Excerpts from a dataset
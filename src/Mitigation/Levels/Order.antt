-- ===== src/Mitigation/Levels/Order.antt =====
-- Grading respects the order of the readings (src/control_plane/main.go, startAutoMitigation).
use shield_core.Prelude.{◌^◌, ℕ, ◌≤◌, ◌<◌, ◌*◌, ◌≡◌, ◌⊎◌, inl, inr, Bool, true, arith}
use shield_core.Float.{Float64, IsOrdered}
use shield_core.Mitigation.Levels.{
  Readings, grade, level_cpu, level_ram, level_queue, level_map, level_ring, raise_to, max_level,
  graded,
}

-- A test that passes stays passed.
abbrev pub Follows : Bool → Bool → Type 0
Follows a b = a ≡ true → b ≡ true

grade_mono :
    (a b c d a' b' c' d' : Bool)
    → Follows a a'
    → Follows b b'
    → Follows c c'
    → Follows d d'
    → Follows a b
    → Follows b c
    → Follows c d
    → Follows a' b'
    → Follows b' c'
    → Follows c' d'
    → grade a b c d ≤ grade a' b' c' d'
grade_mono a b c d a' b' c' d' h0 h1 h2 h3 k0 k1 k2 l0 l1 l2 = ground arith

raise_to_mono : (a b a' b' : ℕ) → a ≤ a' → b ≤ b' → raise_to a b ≤ raise_to a' b'
unfolding raise_to
raise_to_mono a b a' b' h k = ground arith

level_ring_mono : (x y : ℕ) → x ≤ y → level_ring x ≤ level_ring y
unfolding level_ring
level_ring_mono x y h = ground arith

module _ (F : Float64) (O : IsOrdered F) where
  -- x ≤ y, for values of the carrier
  abbrev pub AtMost : F.Carrier → F.Carrier → Type 0
  AtMost x y = (x ≡ y) ⊎ (F.flt x y ≡ true)

  pub flt-AtMost : (c x y : F.Carrier) → AtMost x y → Follows (F.flt c x) (F.flt c y)
  flt-AtMost c x y (inl e) h = rw e at h
  flt-AtMost c x y (inr l) h = O.trans c x y h l

  pub flt-lit :
      (m n d : ℕ) (x : F.Carrier)
      → 0 < d
      → m * d < n * d
      → (m < 2 ^ 16) × (d < 2 ^ 16) × (n < 2 ^ 16) × (d < 2 ^ 16)
      → Follows (F.flt (F.lit n d) x) (F.flt (F.lit m d) x)
  flt-lit m n d x z l b h = O.trans (F.lit m d) (F.lit n d) x (O.lit_lt m d n d z z b l) h

  ladder_mono :
      (n4 n3 n2 n1 d : ℕ) (x y : F.Carrier)
      → AtMost x y
      → 0 < d
      → n3 * d < n4 * d
      → n2 * d < n3 * d
      → n1 * d < n2 * d
      → (n1 < 2 ^ 16) × (n2 < 2 ^ 16) × (n3 < 2 ^ 16) × (n4 < 2 ^ 16) × (d < 2 ^ 16)
      → grade
          (F.flt (F.lit n4 d) x)
          (F.flt (F.lit n3 d) x)
          (F.flt (F.lit n2 d) x)
          (F.flt (F.lit n1 d) x)
        ≤ grade
            (F.flt (F.lit n4 d) y)
            (F.flt (F.lit n3 d) y)
            (F.flt (F.lit n2 d) y)
            (F.flt (F.lit n1 d) y)
  ladder_mono n4 n3 n2 n1 d x y h z l4 l3 l2 (b1, b2, b3, b4, c) =
      grade_mono _ _ _ _ _ _ _ _ (flt-AtMost (F.lit n4 d) x y h) (flt-AtMost (F.lit n3 d) x y h)
        (flt-AtMost (F.lit n2 d) x y h) (flt-AtMost (F.lit n1 d) x y h)
        (flt-lit n3 n4 d x z l4 (b3, c, b4, c)) (flt-lit n2 n3 d x z l3 (b2, c, b3, c))
        (flt-lit n1 n2 d x z l2 (b1, c, b2, c)) (flt-lit n3 n4 d y z l4 (b3, c, b4, c))
        (flt-lit n2 n3 d y z l3 (b2, c, b3, c)) (flt-lit n1 n2 d y z l2 (b1, c, b2, c))

  -- One cycle's readings are nowhere above another's.
  pub record NoWorse (r s : Readings F) : Type 0 where
    pub cpu : AtMost r.cpu_percent s.cpu_percent
    pub ram : AtMost r.ram_percent s.ram_percent
    pub queue : AtMost r.queue_drop_ratio s.queue_drop_ratio
    pub maps : AtMost r.max_map_usage s.max_map_usage
    pub ring : r.max_ring_pct ≤ s.max_ring_pct

  pub graded_mono : (r s : Readings F) → NoWorse r s → graded F r ≤ graded F s
  unfolding graded max_level level_cpu level_ram level_queue level_map
  graded_mono r s h =
      raise_to_mono _ _ _ _
        (raise_to_mono _ _ _ _
          (raise_to_mono _ _ _ _
            (raise_to_mono _ _ _ _
              (ladder_mono 95 90 80 60 1 r.cpu_percent s.cpu_percent h.cpu (omega arith)
                (omega arith) (omega arith) (omega arith) (omega arith))
              (ladder_mono 95 92 85 70 1 r.ram_percent s.ram_percent h.ram (omega arith)
                (omega arith) (omega arith) (omega arith) (omega arith)))
            (ladder_mono 10 5 3 1 100 r.queue_drop_ratio s.queue_drop_ratio h.queue (omega arith)
              (omega arith) (omega arith) (omega arith) (omega arith)))
          (ladder_mono 95 90 80 60 1 r.max_map_usage s.max_map_usage h.maps (omega arith)
            (omega arith) (omega arith) (omega arith) (omega arith)))
        (level_ring_mono r.max_ring_pct s.max_ring_pct h.ring)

* **Task details**
Transcribe the lines from the first line of the records through the line that contains "-- Grading respects", both included, and add nothing else.

* **Response to this exercise**
filename src/Mitigation/Levels/Order.antt
-- ===== src/Mitigation/Levels/Order.antt =====
-- Grading respects the order of the readings (src/control_plane/main.go, startAutoMitigation).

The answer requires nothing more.